__Work instruction__:
Transcribe the data that follows, exactly and in full.

__Dataset extract__:
------------------------

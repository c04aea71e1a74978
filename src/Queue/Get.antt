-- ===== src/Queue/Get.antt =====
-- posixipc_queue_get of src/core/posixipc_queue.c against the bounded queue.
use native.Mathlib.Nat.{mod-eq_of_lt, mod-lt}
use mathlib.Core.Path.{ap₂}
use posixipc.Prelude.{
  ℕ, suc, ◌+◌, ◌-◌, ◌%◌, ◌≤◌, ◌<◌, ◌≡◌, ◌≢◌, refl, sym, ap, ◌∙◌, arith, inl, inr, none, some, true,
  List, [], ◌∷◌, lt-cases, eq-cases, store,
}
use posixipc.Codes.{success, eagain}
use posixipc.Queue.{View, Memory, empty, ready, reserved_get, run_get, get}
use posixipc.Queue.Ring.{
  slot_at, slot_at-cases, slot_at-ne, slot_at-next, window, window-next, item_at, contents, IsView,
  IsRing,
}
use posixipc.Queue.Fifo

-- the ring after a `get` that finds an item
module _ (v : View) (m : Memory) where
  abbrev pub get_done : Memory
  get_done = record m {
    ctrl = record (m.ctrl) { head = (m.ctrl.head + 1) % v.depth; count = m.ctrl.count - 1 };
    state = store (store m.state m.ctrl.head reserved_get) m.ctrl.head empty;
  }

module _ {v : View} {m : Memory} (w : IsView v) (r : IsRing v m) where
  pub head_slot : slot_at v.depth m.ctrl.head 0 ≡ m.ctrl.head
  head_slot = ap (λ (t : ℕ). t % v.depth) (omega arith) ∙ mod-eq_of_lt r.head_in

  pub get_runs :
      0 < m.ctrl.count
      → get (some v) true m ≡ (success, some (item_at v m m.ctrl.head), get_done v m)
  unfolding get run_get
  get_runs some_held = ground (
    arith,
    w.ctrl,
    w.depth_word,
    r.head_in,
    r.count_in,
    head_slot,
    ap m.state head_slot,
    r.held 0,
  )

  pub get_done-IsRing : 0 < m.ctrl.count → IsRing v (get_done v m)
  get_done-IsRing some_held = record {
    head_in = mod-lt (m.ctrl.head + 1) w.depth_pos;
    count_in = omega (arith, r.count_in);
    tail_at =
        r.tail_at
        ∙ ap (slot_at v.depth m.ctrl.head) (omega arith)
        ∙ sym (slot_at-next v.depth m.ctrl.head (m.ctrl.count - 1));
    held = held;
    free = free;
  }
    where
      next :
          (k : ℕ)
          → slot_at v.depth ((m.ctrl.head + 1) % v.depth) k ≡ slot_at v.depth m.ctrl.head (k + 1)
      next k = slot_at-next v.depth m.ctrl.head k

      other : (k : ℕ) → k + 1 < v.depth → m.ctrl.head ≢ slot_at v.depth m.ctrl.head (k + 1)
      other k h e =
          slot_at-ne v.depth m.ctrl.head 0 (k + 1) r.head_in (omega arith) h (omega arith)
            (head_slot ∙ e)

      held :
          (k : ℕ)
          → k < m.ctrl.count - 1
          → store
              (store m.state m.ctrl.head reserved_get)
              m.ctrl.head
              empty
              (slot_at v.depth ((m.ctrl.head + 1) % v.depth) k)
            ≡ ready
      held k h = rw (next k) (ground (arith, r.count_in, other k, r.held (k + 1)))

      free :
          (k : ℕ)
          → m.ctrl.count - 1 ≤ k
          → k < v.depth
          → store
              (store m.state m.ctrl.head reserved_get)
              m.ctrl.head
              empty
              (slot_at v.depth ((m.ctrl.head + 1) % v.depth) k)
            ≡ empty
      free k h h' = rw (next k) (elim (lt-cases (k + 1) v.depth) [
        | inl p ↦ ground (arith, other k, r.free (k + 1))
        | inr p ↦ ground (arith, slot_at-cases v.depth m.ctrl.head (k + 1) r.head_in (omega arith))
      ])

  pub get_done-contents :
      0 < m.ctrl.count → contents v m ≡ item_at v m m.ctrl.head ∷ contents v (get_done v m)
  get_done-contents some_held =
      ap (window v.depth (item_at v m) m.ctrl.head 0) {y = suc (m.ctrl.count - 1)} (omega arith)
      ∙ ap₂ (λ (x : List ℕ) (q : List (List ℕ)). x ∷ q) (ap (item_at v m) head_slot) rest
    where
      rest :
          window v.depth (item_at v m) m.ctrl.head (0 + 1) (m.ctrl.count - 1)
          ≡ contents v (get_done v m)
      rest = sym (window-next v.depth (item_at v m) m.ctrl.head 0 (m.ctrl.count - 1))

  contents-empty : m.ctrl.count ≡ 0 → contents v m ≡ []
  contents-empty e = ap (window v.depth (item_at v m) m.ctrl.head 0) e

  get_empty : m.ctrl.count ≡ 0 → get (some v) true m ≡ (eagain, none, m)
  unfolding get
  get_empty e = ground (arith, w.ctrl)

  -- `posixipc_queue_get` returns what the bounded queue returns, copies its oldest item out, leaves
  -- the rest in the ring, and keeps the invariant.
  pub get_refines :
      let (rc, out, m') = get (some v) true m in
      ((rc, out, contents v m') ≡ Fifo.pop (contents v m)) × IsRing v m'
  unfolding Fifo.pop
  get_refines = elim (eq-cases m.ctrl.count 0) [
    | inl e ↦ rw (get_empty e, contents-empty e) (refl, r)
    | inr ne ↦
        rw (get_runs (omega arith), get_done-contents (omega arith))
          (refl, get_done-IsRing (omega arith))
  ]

------------------------

__Response to the exercise__:
repository c04aea71e1a74978
filename src/Queue/Get.antt
-- ===== src/Queue/Get.antt =====
-- posixipc_queue_get of src/core/posixipc_queue.c against the bounded queue.
use native.Mathlib.Nat.{mod-eq_of_lt, mod-lt}
use mathlib.Core.Path.{ap₂}
use posixipc.Prelude.{
  ℕ, suc, ◌+◌, ◌-◌, ◌%◌, ◌≤◌, ◌<◌, ◌≡◌, ◌≢◌, refl, sym, ap, ◌∙◌, arith, inl, inr, none, some, true,
  List, [], ◌∷◌, lt-cases, eq-cases, store,
}
use posixipc.Codes.{success, eagain}
use posixipc.Queue.{View, Memory, empty, ready, reserved_get, run_get, get}
use posixipc.Queue.Ring.{
  slot_at, slot_at-cases, slot_at-ne, slot_at-next, window, window-next, item_at, contents, IsView,
  IsRing,
}
use posixipc.Queue.Fifo

-- the ring after a `get` that finds an item
module _ (v : View) (m : Memory) where
  abbrev pub get_done : Memory
  get_done = record m {
    ctrl = record (m.ctrl) { head = (m.ctrl.head + 1) % v.depth; count = m.ctrl.count - 1 };
    state = store (store m.state m.ctrl.head reserved_get) m.ctrl.head empty;
  }

module _ {v : View} {m : Memory} (w : IsView v) (r : IsRing v m) where
  pub head_slot : slot_at v.depth m.ctrl.head 0 ≡ m.ctrl.head
  head_slot = ap (λ (t : ℕ). t % v.depth) (omega arith) ∙ mod-eq_of_lt r.head_in

  pub get_runs :
      0 < m.ctrl.count
      → get (some v) true m ≡ (success, some (item_at v m m.ctrl.head), get_done v m)
  unfolding get run_get
  get_runs some_held = ground (
    arith,
    w.ctrl,
    w.depth_word,
    r.head_in,
    r.count_in,
    head_slot,
    ap m.state head_slot,
    r.held 0,
  )

  pub get_done-IsRing : 0 < m.ctrl.count → IsRing v (get_done v m)
  get_done-IsRing some_held = record {
    head_in = mod-lt (m.ctrl.head + 1) w.depth_pos;
    count_in = omega (arith, r.count_in);
    tail_at =
        r.tail_at
        ∙ ap (slot_at v.depth m.ctrl.head) (omega arith)
        ∙ sym (slot_at-next v.depth m.ctrl.head (m.ctrl.count - 1));
    held = held;
    free = free;
  }
    where
      next :
          (k : ℕ)
          → slot_at v.depth ((m.ctrl.head + 1) % v.depth) k ≡ slot_at v.depth m.ctrl.head (k + 1)
      next k = slot_at-next v.depth m.ctrl.head k

      other : (k : ℕ) → k + 1 < v.depth → m.ctrl.head ≢ slot_at v.depth m.ctrl.head (k + 1)
      other k h e =
          slot_at-ne v.depth m.ctrl.head 0 (k + 1) r.head_in (omega arith) h (omega arith)
            (head_slot ∙ e)

      held :
          (k : ℕ)
          → k < m.ctrl.count - 1
          → store
              (store m.state m.ctrl.head reserved_get)
              m.ctrl.head
              empty
              (slot_at v.depth ((m.ctrl.head + 1) % v.depth) k)
            ≡ ready
      held k h = rw (next k) (ground (arith, r.count_in, other k, r.held (k + 1)))

      free :
          (k : ℕ)
          → m.ctrl.count - 1 ≤ k
          → k < v.depth
          → store
              (store m.state m.ctrl.head reserved_get)
              m.ctrl.head
              empty
              (slot_at v.depth ((m.ctrl.head + 1) % v.depth) k)
            ≡ empty
      free k h h' = rw (next k) (elim (lt-cases (k + 1) v.depth) [
        | inl p ↦ ground (arith, other k, r.free (k + 1))
        | inr p ↦ ground (arith, slot_at-cases v.depth m.ctrl.head (k + 1) r.head_in (omega arith))
      ])

  pub get_done-contents :
      0 < m.ctrl.count → contents v m ≡ item_at v m m.ctrl.head ∷ contents v (get_done v m)
  get_done-contents some_held =
      ap (window v.depth (item_at v m) m.ctrl.head 0) {y = suc (m.ctrl.count - 1)} (omega arith)
      ∙ ap₂ (λ (x : List ℕ) (q : List (List ℕ)). x ∷ q) (ap (item_at v m) head_slot) rest
    where
      rest :
          window v.depth (item_at v m) m.ctrl.head (0 + 1) (m.ctrl.count - 1)
          ≡ contents v (get_done v m)
      rest = sym (window-next v.depth (item_at v m) m.ctrl.head 0 (m.ctrl.count - 1))

  contents-empty : m.ctrl.count ≡ 0 → contents v m ≡ []
  contents-empty e = ap (window v.depth (item_at v m) m.ctrl.head 0) e

  get_empty : m.ctrl.count ≡ 0 → get (some v) true m ≡ (eagain, none, m)
  unfolding get
  get_empty e = ground (arith, w.ctrl)

  -- `posixipc_queue_get` returns what the bounded queue returns, copies its oldest item out, leaves
  -- the rest in the ring, and keeps the invariant.
  pub get_refines :
      let (rc, out, m') = get (some v) true m in
      ((rc, out, contents v m') ≡ Fifo.pop (contents v m)) × IsRing v m'
  unfolding Fifo.pop
  get_refines = elim (eq-cases m.ctrl.count 0) [
    | inl e ↦ rw (get_empty e, contents-empty e) (refl, r)
    | inr ne ↦
        rw (get_runs (omega arith), get_done-contents (omega arith))
          (refl, get_done-IsRing (omega arith))
  ]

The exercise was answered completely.